After watching Carson Wentz struggle for months, Philadelphia Eagles head coach Doug Pederson finally sent the former No. 2 pick to the bench last week. That gave intriguing rookie Jalen Hurts the opportunity to prove why the franchise spent a second-round pick on him back in April.
While the dual-threat signal-caller didn’t do anything particularly special, he did lead the Eagles to just their fourth win of the season. Still, Pederson refused to commit to Hurts as the starter for Week 15.
But on Monday, the Eagles officially named their starting quarterback for this week’s matchup against the Arizona Cardinals. Ultimately, though, Philadelphia faces a much more important decision about the position this offseason.
Doug Pederson refused to commit to Jalen Hurts after Sunday’s win
Carson Wentz may have signed a $128 million contract not too long ago, but that didn’t stop the Eagles from recently benching the highly-paid quarterback for Jalen Hurts.
In his first NFL start, the former Heisman finalist showcased some of the skills that made him a star at both Alabama and Oklahoma. Although Hurts completed just 17-of-30 attempts, he did throw a beautiful touchdown pass to Alshon Jeffery for the game’s first points.
Hurts’ mobility made a major difference on Sunday. The 6-foot-1, 222-pound QB ran for 106 yards on 18 carries in Philadelphia’s 24-21 upset against the New Orleans Saints. Meanwhile, Taysom Hill ran for just 33 yards on five carries.

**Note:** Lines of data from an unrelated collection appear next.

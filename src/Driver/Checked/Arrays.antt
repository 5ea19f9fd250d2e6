-- ===== src/Driver/Checked/Arrays.antt =====
-- The two arrays of a trace, and the entries that stand in them.
use cs0330_fall2022_7_malloc.Base.{
  ℕ, zero, suc, ◌<◌, ◌≡◌, ◌≢◌, refl, ap, List, [], ◌∷◌, ◌++◌, length, count, some, arith, ◌∙◌,
}
use cs0330_fall2022_7_malloc.Driver.{Range, Track, get_elem?, set_elem?}
use cs0330_fall2022_7_malloc.Driver.Checked.{
  Entry, all_held, held_of, indices, Filed, AllFiled, AllPositive,
}

-- A write in range changes one element.
pub set_elem?-lem :
    {A : Type 0} (xs : List A) (i : ℕ) (a : A)
    → i < length xs
    → (ys : List A) × (set_elem? xs i a ≡ some ys)
      × (get_elem? ys i ≡ some a)
      × ((j : ℕ) → j ≢ i → get_elem? ys j ≡ get_elem? xs j)
      × (length ys ≡ length xs)
set_elem?-lem [] i a lt = absurd (omega arith)
set_elem?-lem (x ∷ xs) zero a lt = (a ∷ xs, refl, refl, others, refl)
  where
    others : (j : ℕ) → j ≢ 0 → get_elem? (a ∷ xs) j ≡ get_elem? (x ∷ xs) j
    others zero ne = absurd (ne refl)
    others (suc j) ne = refl
set_elem?-lem {A} (x ∷ xs) (suc i) a lt =
    let (ys, e, here, others, long) = set_elem?-lem xs i a (omega arith) in
    (x ∷ ys, rw e refl, here, shifted ys others, ap suc long)
  where
    shifted :
        (ys : List A)
        → ((j : ℕ) → j ≢ i → get_elem? ys j ≡ get_elem? xs j)
        → (j : ℕ) → j ≢ suc i
        → get_elem? (x ∷ ys) j ≡ get_elem? (x ∷ xs) j
    shifted ys h zero ne = refl
    shifted ys h (suc j) ne = h j (λ e. ne (ap suc e))

pub all_held-append : (xs ys : List Entry) → all_held (xs ++ ys) ≡ all_held xs ++ all_held ys
all_held-append [] ys = refl
all_held-append (x ∷ xs) ys = ap (λ t. held_of x ∷ t) (all_held-append xs ys)

pub indices-append : (xs ys : List Entry) → indices (xs ++ ys) ≡ indices xs ++ indices ys
indices-append [] ys = refl
indices-append (x ∷ xs) ys = ap (λ t. x.index ∷ t) (indices-append xs ys)

pub AllFiled-split :
    (t : Track) (xs : List Entry) (e : Entry) (ys : List Entry)
    → AllFiled t (xs ++ (e ∷ ys))
    → Filed t e × AllFiled t (xs ++ ys)
AllFiled-split t [] e ys h = h
AllFiled-split t (x ∷ xs) e ys h =
    let (here, rest) = AllFiled-split t xs e ys h.1 in (here, (h.0, rest))

-- A write at an index keeps the entries at all others.
pub AllFiled-update :
    (t t' : Track) (i : ℕ) (live : List Entry)
    → count i (indices live) ≡ 0
    → ((j : ℕ) → j ≢ i → get_elem? t'.blocks j ≡ get_elem? t.blocks j)
    → ((j : ℕ) → j ≢ i → get_elem? t'.block_sizes j ≡ get_elem? t.block_sizes j)
    → AllFiled t live
    → AllFiled t' live
AllFiled-update t t' i [] absent blocks sizes h = tt
AllFiled-update t t' i (e ∷ live) absent blocks sizes h =
    let ne : e.index ≢ i = λ same. ground (arith, same, absent) in
    let rest : count i (indices live) ≡ 0 = ground (arith, absent) in
    let ((block, size, pos, small), others) = h in
    (
      (blocks e.index ne ∙ block, sizes e.index ne ∙ size, pos, small),
      AllFiled-update t t' i live rest blocks sizes others,
    )

-- The entry of an index in use.
pub entry_at :
    (live : List Entry) (xs : List ℕ) (i : ℕ) (ys : List ℕ)
    → indices live ≡ xs ++ (i ∷ ys)
    → (xs' : List Entry) × (e : Entry) × (ys' : List Entry) × (live ≡ xs' ++ (e ∷ ys'))
      × (e.index ≡ i)
      × (indices xs' ≡ xs)
      × (indices ys' ≡ ys)
entry_at [] [] i ys e = absurd (nil_cons e)
  where
    nil_cons : ◌≡◌ {A = List ℕ} [] (i ∷ ys) → ⊥
    nil_cons e = cc
entry_at [] (x ∷ xs) i ys e = absurd (nil_cons e)
  where
    nil_cons : ◌≡◌ {A = List ℕ} [] (x ∷ (xs ++ (i ∷ ys))) → ⊥
    nil_cons e = cc
entry_at (b ∷ live) [] i ys e = ([], b, live, refl, cc, refl, cc)
entry_at (b ∷ live) (x ∷ xs) i ys e =
    let rest : indices live ≡ xs ++ (i ∷ ys) = cc in
    let first : b.index ≡ x = cc in
    let (xs', b', ys', at, same, front, back) = entry_at live xs i ys rest in
    (
      b ∷ xs',
      b',
      ys',
      ap (λ t. b ∷ t) at,
      same,
      ap (λ t. b.index ∷ t) front ∙ ap (λ t. t ∷ xs) first,
      back,
    )

pub AllFiled-ranges :
    (t : Track) (rs : List Range) (live : List Entry)
    → AllFiled t live
    → AllFiled (record t { ranges = rs }) live
AllFiled-ranges t rs [] h = tt
AllFiled-ranges t rs (e ∷ live) h = (h.0, AllFiled-ranges t rs live h.1)

-- The indices stay different when a block is taken out, or moved to the front.
pub count-indices :
    (j : ℕ) (xs : List Entry) (e : Entry) (ys : List Entry)
    → count j (indices (xs ++ (e ∷ ys))) ≡ count j (e.index ∷ indices (xs ++ ys))
count-indices j [] e ys = refl
count-indices j (x ∷ xs) e ys = omega (arith, count-indices j xs e ys)

pub AllFiled-AllPositive : (t : Track) (live : List Entry) → AllFiled t live → AllPositive live
AllFiled-AllPositive t [] h = tt
AllFiled-AllPositive t (e ∷ live) ((block, size, pos, small), h) =
    (pos, AllFiled-AllPositive t live h)
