-- ===== src/Driver/Ranges.antt =====
-- The range list of mdriver.c: what `add_range` accepts, and what it keeps.
use cs0330_fall2022_7_malloc.Base.{
  ℕ, ◌+◌, ◌-◌, ◌%◌, ◌^◌, ◌≤◌, ◌<◌, ◌≡◌, refl, Bool, true, false, not, ◌&&◌, ◌==◌, if◌then◌else◌,
  List, [], ◌∷◌, none, some, arith, ◌∙◌, ◌⊎◌, inl, inr, ne→==, eq→==, lt→ltb, ◌≢◌, ap, ◌++◌,
  lt-cases, Bool-cases,
}
use cs0330_fall2022_7_malloc.Machine.{State, ok, add, sub}
use cs0330_fall2022_7_malloc.Machine.Words.{less-lt}
use cs0330_fall2022_7_malloc.Memlib.{mem_heap_lo, mem_heap_hi}
use cs0330_fall2022_7_malloc.Driver.{
  Range, overlaps, overlaps_any, in_extent, add_range, remove_range, to_long,
}

-- No byte belongs to both.
abbrev pub Apart : Range → Range → Type 0
Apart a b = (a.hi < b.lo) ⊎ (b.hi < a.lo)

abbrev pub ApartFrom : Range → List Range → Type 0
ApartFrom a [] = Unit {0}
ApartFrom a (b ∷ rest) = Apart a b × ApartFrom a rest

-- The ranges of the list are apart, two by two.
abbrev pub AllApart : List Range → Type 0
AllApart [] = Unit {0}
AllApart (a ∷ rest) = ApartFrom a rest × AllApart rest

-- No range of the list lies strictly between two addresses.
abbrev pub NoneInside : (lo hi : ℕ) → List Range → Type 0
NoneInside lo hi [] = Unit {0}
NoneInside lo hi (p ∷ rest) = ((p.lo ≤ lo) ⊎ (hi ≤ p.hi)) × NoneInside lo hi rest

accepted_apart :
    (lo hi : ℕ) (ranges : List Range)
    → lo ≤ hi
    → overlaps_any lo hi ranges ≡ false
    → NoneInside lo hi ranges
    → ApartFrom (record { lo = lo; hi = hi }) ranges
accepted_apart lo hi [] order clear out = tt
accepted_apart lo hi (p ∷ rest) order clear out =
    (ground (arith, out.0), accepted_apart lo hi rest order (ground arith) out.1)

-- A range of the list has a byte between the two addresses.
abbrev pub Meets : (lo hi : ℕ) → List Range → Type 0
Meets lo hi ranges =
    (xs : List Range) × (p : Range) × (ys : List Range) × (ranges ≡ xs ++ (p ∷ ys))
    × (p.lo ≤ hi)
    × (lo ≤ p.hi)

refused-Meets :
    (lo hi : ℕ) (ranges : List Range)
    → lo ≤ hi
    → overlaps_any lo hi ranges ≡ true
    → Meets lo hi ranges
refused-Meets lo hi [] order e = absurd (differ e)
  where
    differ : false ≡ true → ⊥
    differ e = cc
refused-Meets lo hi (p ∷ rest) order e = elim (Bool-cases (overlaps lo hi p)) [
  | inl here ↦ ([], p, rest, refl, ground (arith, here), ground (arith, here))
  | inr other ↦
      let (xs, q, ys, cut, low, high) = refused-Meets lo hi rest order (ground (arith, other)) in
      (p ∷ xs, q, ys, ap (λ l. p ∷ l) cut, low, high)
]

-- Why `add_range` refuses a payload.
abbrev pub Unfit : State → (lo hi : ℕ) → List Range → Type 0
Unfit s lo hi ranges =
    (lo % 8 ≢ 0) ⊎ (lo < mem_heap_lo s) ⊎ (mem_heap_hi s < hi) ⊎ Meets lo hi ranges

module _ (s : State) (lo size : ℕ) (pos : 0 < size) (int : size < 2 ^ 31)
    (ptr : lo + size < 2 ^ 64) where
  abbrev hi : ℕ
  hi = lo + size - 1

  -- `add_range` at a positive `int`, with its pointers that do not wrap.
  pub add_range-eq :
      (ranges : List Range)
      → add_range ranges lo size s
        ≡ ok
            (if not (lo % 8 == 0)
              then none
              else if not (in_extent s lo && in_extent s hi)
              then none
              else if overlaps_any lo hi ranges
              then none
              else some (record { lo = lo; hi = hi } ∷ ranges))
            s
  unfolding add_range
  add_range-eq ranges =
      let long : to_long size ≡ size = rw (lt→ltb size (2 ^ 31) int) refl in
      let end : sub (add lo size) 1 ≡ lo + size - 1 = omega arith in
      rw (ne→== size 0 (omega arith), long, less-lt 0 size pos (omega arith), end) refl

  -- On a list of ranges that are apart, of which none lies strictly inside the new payload, at a
  -- positive size below 2 ^ 31 and an address from which it does not wrap: `add_range` either returns
  -- 0, and the payload is not aligned, not in the heap, or has a byte in a range of the list; or it
  -- puts the payload in front of the list: then it is aligned, lies in the heap, and is apart from all
  -- others, and `remove_range` at its address gives the old list again.
  pub add_range_lem :
      (ranges : List Range)
      → AllApart ranges
      → NoneInside lo (lo + size - 1) ranges
      → ((add_range ranges lo size s ≡ ok none s) × Unfit s lo (lo + size - 1) ranges)
        ⊎ ((after : List Range) × (add_range ranges lo size s ≡ ok (some after) s)
            × (lo % 8 ≡ 0)
            × (mem_heap_lo s ≤ lo)
            × (lo + size - 1 ≤ mem_heap_hi s)
            × AllApart after
            × (remove_range after lo ≡ ranges))
  unfolding remove_range
  add_range_lem ranges apart out =
      tests (lo % 8 == 0) (in_extent s lo && in_extent s hi) (overlaps_any lo hi ranges) refl refl
        refl
    where
      outside :
          (in_extent s lo && in_extent s hi) ≡ false
          → (lo < mem_heap_lo s) ⊎ (mem_heap_hi s < hi) ⊎ Meets lo hi ranges
      outside e = elim (lt-cases lo (mem_heap_lo s)) [
        | inl low ↦ inl low
        | inr ok_low ↦ inr (inl (ground (arith, e, ok_low)))
      ]

      tests :
          (a b c : Bool)
          → (lo % 8 == 0) ≡ a
          → (in_extent s lo && in_extent s hi) ≡ b
          → overlaps_any lo hi ranges ≡ c
          → ((add_range ranges lo size s ≡ ok none s) × Unfit s lo (lo + size - 1) ranges)
            ⊎ ((after : List Range) × (add_range ranges lo size s ≡ ok (some after) s)
                × (lo % 8 ≡ 0)
                × (mem_heap_lo s ≤ lo)
                × (lo + size - 1 ≤ mem_heap_hi s)
                × AllApart after
                × (remove_range after lo ≡ ranges))
      tests false b c ea eb ec =
          inl (add_range-eq ranges ∙ rw ea refl, inl (λ e. ground (arith, ea, e)))
      tests true false c ea eb ec = inl (add_range-eq ranges ∙ rw (ea, eb) refl, inr (outside eb))
      tests true true true ea eb ec = inl (
        add_range-eq ranges ∙ rw (ea, eb, ec) refl,
        inr (inr (inr (refused-Meets lo hi ranges (omega arith) ec))),
      )
      tests true true false ea eb ec = inr (
        record { lo = lo; hi = hi } ∷ ranges,
        add_range-eq ranges ∙ rw (ea, eb, ec) refl,
        ground (arith, ea),
        ground (arith, eb),
        ground (arith, eb),
        (accepted_apart lo hi ranges (omega arith) ec out, apart),
        rw (eq→== lo lo refl) refl,
      )

  -- `add_range` accepts an aligned payload of the heap, of positive size, in which another one lies strictly inside, although the two
  -- overlap: neither end of the new payload is in the old one.
  pub add_range_misses :
      (p : Range)
      → lo % 8 ≡ 0
      → mem_heap_lo s ≤ lo
      → lo + size - 1 ≤ mem_heap_hi s
      → lo < p.lo
      → p.hi < lo + size - 1
      → add_range (p ∷ []) lo size s
        ≡ ok (some (record { lo = lo; hi = lo + size - 1 } ∷ (p ∷ []))) s
  add_range_misses p aligned low high before after =
      let a : (lo % 8 == 0) ≡ true = eq→== (lo % 8) 0 aligned in
      let b : (in_extent s lo && in_extent s (lo + size - 1)) ≡ true = ground arith in
      let c : overlaps_any lo (lo + size - 1) (p ∷ []) ≡ false = ground arith in
      add_range-eq (p ∷ []) ∙ rw (a, b, c) refl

Even after Hurts helped the Eagles improve to 4-8-1, Pederson did not commit to the rookie as the starter for Week 15.
“Jalen got the start this afternoon, and I thought overall, there were some good things and [he] really kind of gave us a spark as a team that I was looking for, and I think we were looking for as a team,” Pederson said in his post-game press conference. “But you know, this win is not about one guy. This win is about this team and how resilient this team is.”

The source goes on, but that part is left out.